Reading HDFS files from python code



How to read HDFS Files from python code? I use the below method to read from local file system but it fails to read HDFS files given HDFS file path.

localFileSystem = ‘/home/classic/data/’ ## For reading the file from local file system
with open("".join([input, ‘mappingFile.pkl’]), mode=‘rb’) as fp:
pd_mappingFile = cpick.load(fp)

hdfsFileSystem = ‘/user/classic/data/’ ## For reading the file from HDFS file system but the above open method is unable to read

How do I read HDFS file from python code?

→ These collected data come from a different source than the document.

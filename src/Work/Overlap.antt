-- ===== src/Work/Overlap.antt =====
-- Whether two claims overlap does not depend on which of them comes first.
use fos_mono.Common.{
  String, true, false, [], ◌∷◌, some, ◌≡◌, refl, arith, lookup, has_key, ◌==◌, HasDistinctKeys,
  ==_refl, Bool-cases, Option-cases, inl, inr,
}
use fos_mono.Work.{Selections, WorkClaim, differs, work_overlaps}

-- A choice with a branch on either side, not the same.
abbrev Differing : Selections → Selections → Type 0
Differing m n =
    (id : String) × (v : String) × (w : String) × (lookup id m ≡ some v)
    × (lookup id n ≡ some w)
    × ((w == v) ≡ false)

weaken :
    (id name : String) (m n : Selections)
    → has_key id m ≡ false
    → Differing m n
    → Differing ((id, name) ∷ m) n
weaken id name m n fresh (j, v, w, hm, hn, e) = elim (Bool-cases (id == j)) [
  | inl same ↦ absurd (ground arith)
  | inr other ↦ (j, v, w, rw other hm, hn, e)
]

differs-eq-true : (m n : Selections) → HasDistinctKeys m → differs m n ≡ true → Differing m n
unfolding differs
differs-eq-true [] n d h = cc
differs-eq-true ((id, name) ∷ m) n d h =
    let later : differs m n ≡ true → Differing ((id, name) ∷ m) n =
      λ k. weaken id name m n d.0 (differs-eq-true m n d.1 k) in
    elim (Option-cases (lookup id n)) [
      | inl absent ↦ later (rw absent at h)
      | inr (o, found) ↦ elim (Bool-cases (o == name)) [
        | inl same ↦ later (ground arith)
        | inr other ↦ (id, name, o, rw (==_refl id) refl, found, other)
      ]
    ]

Differing-differs :
    (m n : Selections) (id v w : String)
    → lookup id m ≡ some v
    → lookup id n ≡ some w
    → (w == v) ≡ false
    → differs m n ≡ true
unfolding differs
Differing-differs [] n id v w hm hn e = cc
Differing-differs ((j, name) ∷ m) n id v w hm hn e = elim (Bool-cases (j == id)) [
  | inl same ↦ ground arith
  | inr other ↦ ground (arith, Differing-differs m n id v w)
]

differs-imp : (m n : Selections) → HasDistinctKeys m → differs m n ≡ true → differs n m ≡ true
differs-imp m n d h =
    let (id, v, w, hm, hn, e) = differs-eq-true m n d h in
    Differing-differs n m id w v hn hm (ground arith)

differs_comm :
    (m n : Selections) → HasDistinctKeys m → HasDistinctKeys n → differs m n ≡ differs n m
differs_comm m n dm dn = ground (arith, differs-imp m n dm, differs-imp n m dn)

-- When the selected branches of two claims have a choice in one entry each, the first claim overlaps
-- the second one's path and branches exactly when the second overlaps the first one's.
pub work_overlaps_symm :
    (a b : WorkClaim)
    → HasDistinctKeys a.branches
    → HasDistinctKeys b.branches
    → work_overlaps a b.path b.branches ≡ work_overlaps b a.path a.branches
unfolding work_overlaps
work_overlaps_symm a b da db = rw (differs_comm a.branches b.branches da db) (ground arith)
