-- ===== src/Work/Tests.antt =====
-- Claims made, refused, renewed and released on a concrete tree.
use fos_mono.Common.{ℕ, List, [], ◌∷◌, true, none, ◌≡◌, refl, String_discrete}
use fos_mono.Work.{
  WorkClaim, Actor, Rights, claim, renew, release, submit, status, standing, claimed, failed,
  overlapping, unavailable, has_claim, released, dispatch_work,
}
use fos_mono.Work.Exclusive.History.{IsKept, start, step, History-IsKept}

abbrev first : Actor
first = record { peer_id = "p1"; session = "s1"; attachment = "home" ∷ [] }

abbrev second : Actor
second = record { peer_id = "p2"; session = "s2"; attachment = "home" ∷ [] }

-- Everything is permitted, and one choice is on the path.
abbrev rights : Rights
rights = record {
  can_work = true;
  can_renew = λ path. true;
  is_outstanding = λ path. true;
  branches_at = λ path. ("plan", "main") ∷ [];
}

abbrev first_claim : ℕ → WorkClaim
first_claim now = record {
  id = "c1";
  peer_id = "p1";
  session = "s1";
  attachment = "home" ∷ [];
  path = "home" ∷ "task" ∷ [];
  branches = ("plan", "main") ∷ [];
  expires_at = now;
}

abbrev held : List WorkClaim
held = first_claim 900005 ∷ []

claim_tests :
    (dispatch_work first rights 5 (claim "c1" ("task" ∷ [])) []
      ≡ (claimed (first_claim 900005), held))
    × (dispatch_work second rights 6 (claim "c2" ("task" ∷ "part" ∷ [])) held
        ≡ (failed overlapping, held))
    × (dispatch_work first rights 6 (claim "c2" ("other" ∷ [])) held ≡ (failed has_claim, held))
    × (dispatch_work first rights 10 (renew "c1") held
        ≡ (claimed (first_claim 900010), first_claim 900010 ∷ []))
    × (dispatch_work second rights 10 (release "c1") held ≡ (failed unavailable, held))
    × (dispatch_work first rights 10 (submit "c1") held ≡ (released "c1", []))
    × (dispatch_work first rights 900005 status held ≡ (standing none, held))
unfolding dispatch_work String_discrete
claim_tests = (refl, refl, refl, refl, refl, refl, refl)

History-IsKept_example :
    IsKept
      (dispatch_work second rights 6
        (claim "c2" ("other" ∷ []))
        (dispatch_work first rights 5 (claim "c1" ("task" ∷ [])) []).1).1
unfolding dispatch_work String_discrete
History-IsKept_example =
    History-IsKept
      (dispatch_work second rights 6 (claim "c2" ("other" ∷ []))
        (dispatch_work first rights 5 (claim "c1" ("task" ∷ [])) []).1).1
      (step second rights 6 (claim "c2" ("other" ∷ [])) (refl, tt)
        (step first rights 5 (claim "c1" ("task" ∷ [])) tt start))
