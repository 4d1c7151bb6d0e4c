-- ===== src/Table/Index.antt =====
-- The index of a table's columns by their names, when a column is taken out.
use rypipe.Prelude.{
  ℕ, true, false, ◌≡◌, refl, sym, ap, ◌∙◌, none, some, List, [], ◌∷◌, Str, str_eq, str_eq_refl,
  eq_of_str_eq, lookup, ◌==◌, ==_iff, if◌then◌else◌, Bool-cases, inl, inr, arith, Option-cases,
}
use rypipe.Builder.Variants.{str_eq_symm}
use rypipe.Builder.Read.{mapped}
use rypipe.Table.Take.{remove_name, name_at, repointed}

-- Every name stands once in the index.
abbrev pub Distinct : List (Str × ℕ) → Type 0
Distinct [] = Unit {0}
Distinct ((k, i) ∷ ix) = (lookup k ix ≡ none) × Distinct ix

pub lookup-cons :
    (k other : Str) (i : ℕ) (ix : List (Str × ℕ))
    → lookup other ((k, i) ∷ ix) ≡ (if str_eq k other then some i else lookup other ix)
unfolding lookup
lookup-cons k other i ix = refl

pub lookup-remove_name :
    (ix : List (Str × ℕ)) (name other : Str)
    → lookup other (remove_name ix name) ≡ (if str_eq name other then none else lookup other ix)
unfolding lookup remove_name
lookup-remove_name [] name other = ground arith
lookup-remove_name ((k, i) ∷ ix) name other = elim (Bool-cases (str_eq k name)) [
  | inl mine ↦
      let same : k ≡ name = eq_of_str_eq k name mine in
      rw mine (lookup-remove_name ix name other ∙ rw same (ground arith))
  | inr kept ↦ rw kept (elim (Bool-cases (str_eq k other)) [
    | inl here ↦
        let same : k ≡ other = eq_of_str_eq k other here in
        let apart : str_eq name other ≡ false = rw (str_eq_symm name other) (rw same at kept) in
        rw (here, apart) refl
    | inr further ↦ rw further (lookup-remove_name ix name other)
  ])
]

pub Distinct-remove_name :
    (ix : List (Str × ℕ)) (name : Str) → Distinct ix → Distinct (remove_name ix name)
unfolding remove_name
Distinct-remove_name [] name d = d
Distinct-remove_name ((k, i) ∷ ix) name (new, d) = elim (Bool-cases (str_eq k name)) [
  | inl mine ↦ rw mine (Distinct-remove_name ix name d)
  | inr kept ↦
      rw kept
        (rw (lookup-remove_name ix name k, new) (ground arith), Distinct-remove_name ix name d)
]

name_at-lookup :
    (ix : List (Str × ℕ)) (i : ℕ) (k : Str)
    → Distinct ix
    → name_at ix i ≡ some k
    → lookup k ix ≡ some i
unfolding name_at lookup
name_at-lookup [] i k d h = cc
name_at-lookup ((j, v) ∷ ix) i k (new, d) h = elim (Bool-cases (v == i)) [
  | inl here ↦
      let e : some j ≡ some k = rw here at h in
      let same : j ≡ k = cc in rw (same, str_eq_refl k) (ap some ((==_iff v i).0 here))
  | inr further ↦
      let e : name_at ix i ≡ some k = rw further at h in
      let there : lookup k ix ≡ some i = name_at-lookup ix i k d e in
      elim (Bool-cases (str_eq j k)) [
        | inl mine ↦
            let same : j ≡ k = eq_of_str_eq j k mine in
            let gone : lookup k ix ≡ none = rw same at new in cc
        | inr other ↦ rw other there
      ]
]

name_at-none :
    (ix : List (Str × ℕ)) (i : ℕ) (k : Str) → name_at ix i ≡ none → lookup k ix ≡ some i → ⊥
unfolding name_at lookup
name_at-none [] i k h e = cc
name_at-none ((j, v) ∷ ix) i k h e = elim (Bool-cases (v == i)) [
  | inl here ↦ let impossible : some j ≡ none = rw here at h in cc
  | inr further ↦
      let rest : name_at ix i ≡ none = rw further at h in
      elim (Bool-cases (str_eq j k)) [
        | inl mine ↦
            let value : some v ≡ some i = rw mine at e in
            let same : v ≡ i = cc in ground (arith, same, further)
        | inr other ↦
            let there : lookup k ix ≡ some i = rw other at e in name_at-none ix i k rest there
      ]
]

-- The column `last` is that of `k`, which now stands at `idx`.
moved_or_kept :
    (ix : List (Str × ℕ)) (idx last : ℕ) (k other : Str)
    → ((a b : Str) (i : ℕ) → lookup a ix ≡ some i → lookup b ix ≡ some i → a ≡ b)
    → lookup k ix ≡ some last
    → (if str_eq k other then some idx else if str_eq k other then none else lookup other ix)
      ≡ mapped (λ i. if i == last then idx else i) (lookup other ix)
moved_or_kept ix idx last k other one moved = elim (Bool-cases (str_eq k other)) [
  | inl mine ↦
      let same : k ≡ other = eq_of_str_eq k other mine in
      let there : lookup other ix ≡ some last = rw same at moved in
      rw (mine, there) (ap some (ground arith))
  | inr apart ↦ rw apart (elim (Option-cases (lookup other ix)) [
    | inl gone ↦ rw gone refl
    | inr (i, there) ↦ rw there (elim (Bool-cases (i == last)) [
      | inl also ↦
          let last_too : lookup other ix ≡ some last = there ∙ ap some ((==_iff i last).0 also) in
          let same : k ≡ other = one k other last moved last_too in
          let itself : str_eq k other ≡ true = rw same (str_eq_refl other) in
          let impossible : false ≡ true = sym apart ∙ itself in cc
      | inr stays ↦ rw stays refl
    ])
  ])
]

-- The index after the column `idx` is taken: only the name of the column `last` has moved.
pub lookup-repointed :
    (ix : List (Str × ℕ)) (idx last : ℕ) (other : Str)
    → Distinct ix
    → ((a b : Str) (i : ℕ) → lookup a ix ≡ some i → lookup b ix ≡ some i → a ≡ b)
    → lookup other (repointed ix idx last)
      ≡ mapped (λ i. if i == last then idx else i) (lookup other ix)
unfolding repointed
lookup-repointed ix idx last other d one = elim (Bool-cases (idx == last)) [
  | inl at_end ↦ rw at_end (elim (Option-cases (lookup other ix)) [
    | inl gone ↦ rw gone refl
    | inr (i, there) ↦ rw there (ap some (ground (arith, at_end)))
  ])
  | inr inside ↦ rw inside (elim (Option-cases (name_at ix last)) [
    | inl nobody ↦ rw nobody (elim (Option-cases (lookup other ix)) [
      | inl gone ↦ rw gone refl
      | inr (i, there) ↦ rw there (elim (Bool-cases (i == last)) [
        | inl moved ↦
            let same : i ≡ last = (==_iff i last).0 moved in
            elim (name_at-none ix last other nobody (there ∙ ap some same)) [ ]
        | inr stays ↦ rw stays refl
      ])
    ])
    | inr (k, found) ↦
        let moved = name_at-lookup ix last k d found in
        rw found (
          rw (lookup-cons k other idx (remove_name ix k), lookup-remove_name ix k other)
            (moved_or_kept ix idx last k other one moved))
  ])
]

pub Distinct-repointed :
    (ix : List (Str × ℕ)) (idx last : ℕ) → Distinct ix → Distinct (repointed ix idx last)
unfolding repointed
Distinct-repointed ix idx last d = elim (Bool-cases (idx == last)) [
  | inl at_end ↦ rw at_end d
  | inr inside ↦ rw inside (elim (Option-cases (name_at ix last)) [
    | inl nobody ↦ rw nobody d
    | inr (k, found) ↦
        rw found (lookup-remove_name ix k k ∙ rw (str_eq_refl k) refl, Distinct-remove_name ix k d)
  ])
]
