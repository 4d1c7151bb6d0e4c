-- ===== src/Table/Swap.antt =====
-- `pop` and `swap_remove` of the list of columns.
use rypipe.Prelude.{
  ℕ, zero, suc, false, ◌+◌, ◌≡◌, ◌<◌, ◌≤◌, refl, ◌∙◌, some, List, [], ◌∷◌, length, get_elem?, set,
  take, length-take, ◌==◌, if◌then◌else◌, Bool-cases, inl, inr, arith,
}
use rypipe.Columnar.Contents.{length-set}
use rypipe.Table.Take.{swap_remove}

module _ {A : Type 0} where
  get_elem?-take : (xs : List A) (n i : ℕ) → i < n → get_elem? (take n xs) i ≡ get_elem? xs i
  get_elem?-take xs zero i h = ground arith
  get_elem?-take [] (suc n) i h = refl
  get_elem?-take (x ∷ xs) (suc n) zero h = refl
  get_elem?-take (x ∷ xs) (suc n) (suc i) h = get_elem?-take xs n i (omega arith)

  pub get_elem?-written :
      (xs : List A) (k i : ℕ) (v : A)
      → k < length xs
      → get_elem? (set xs k v) i ≡ (if k == i then some v else get_elem? xs i)
  get_elem?-written [] k i v h = ground arith
  get_elem?-written (x ∷ xs) zero zero v h = refl
  get_elem?-written (x ∷ xs) zero (suc i) v h = ground arith
  get_elem?-written (x ∷ xs) (suc k) zero v h = ground arith
  get_elem?-written (x ∷ xs) (suc k) (suc i) v h =
      get_elem?-written xs k i v (omega arith) ∙ ground arith

  pub there_is : (xs : List A) (i : ℕ) → i < length xs → (x : A) × (get_elem? xs i ≡ some x)
  there_is [] i h = ground arith
  there_is (x ∷ xs) zero h = (x, refl)
  there_is (x ∷ xs) (suc i) h = there_is xs i (omega arith)

  pub length-swap_remove :
      (xs : List A) (idx last : ℕ) → length xs ≡ last + 1 → length (swap_remove xs idx last) ≡ last
  unfolding swap_remove
  length-swap_remove xs idx last size = elim (Bool-cases (idx == last)) [
    | inl at_end ↦ rw at_end (omega (arith, length-take last xs))
    | inr inside ↦
        let (x, there) = there_is xs last (omega arith) in
        rw (inside, there) (omega (arith, length-take last (set xs idx x), length-set xs idx x))
  ]

  pub get_elem?-swap_remove :
      (xs : List A) (idx last i : ℕ)
      → length xs ≡ last + 1
      → idx ≤ last
      → i < last
      → get_elem? (swap_remove xs idx last) i
        ≡ (if idx == i then get_elem? xs last else get_elem? xs i)
  unfolding swap_remove
  get_elem?-swap_remove xs idx last i size within h = elim (Bool-cases (idx == last)) [
    | inl at_end ↦
        let other : (idx == i) ≡ false = ground (arith, at_end) in
        rw (at_end, other) (get_elem?-take xs last i h)
    | inr inside ↦
        let (x, there) = there_is xs last (omega arith) in
        rw (inside, there)
          (get_elem?-take (set xs idx x) last i h ∙ get_elem?-written xs idx i x (omega arith))
  ]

Learn Spark 1.6.x or Spark 2.x on our state of the art big data labs

  • Click here for access to state of the art 13 node Hadoop and Spark Cluster


You need to use pyspark. Where are you trying this?
pyspark is nothing but Python with Spark engine. It requires to set up Spark and here are the instructions


Hi Dgadiraju,

Thanks for you reply.

Reading CSV,Json, textFiles,jdbc, parquet through sparkSQL is available out of the box. But how to read Pickle file in HDFS? Python Open() method is not reading from HDFS. should I use any hadoop library to read Pickle files which is uploaded in HDFS?

Thanks and Regards,


@koushikmln might be able to answer your question…


Hello Ananth,

You have to read the files as binaryFiles using spark api and then use pickle to parse the files individually.

Code would look something like:
rdd = sc.binaryFiles(inputDirectory)

Loading pickle files into dataframe:
import pickle
from io import BytesIO
rddMap = rdd.values().map(lambda p: pickle.load(BytesIO(p)))

You can parse each record using map as shown above.

It seems pickle comes as part of python and you should be able to use out of the box. If not, you will need to install pickle binary on the worker nodes for this to work or alternatively, you can pass the pickle module as zip using the --py-files while running the spark command.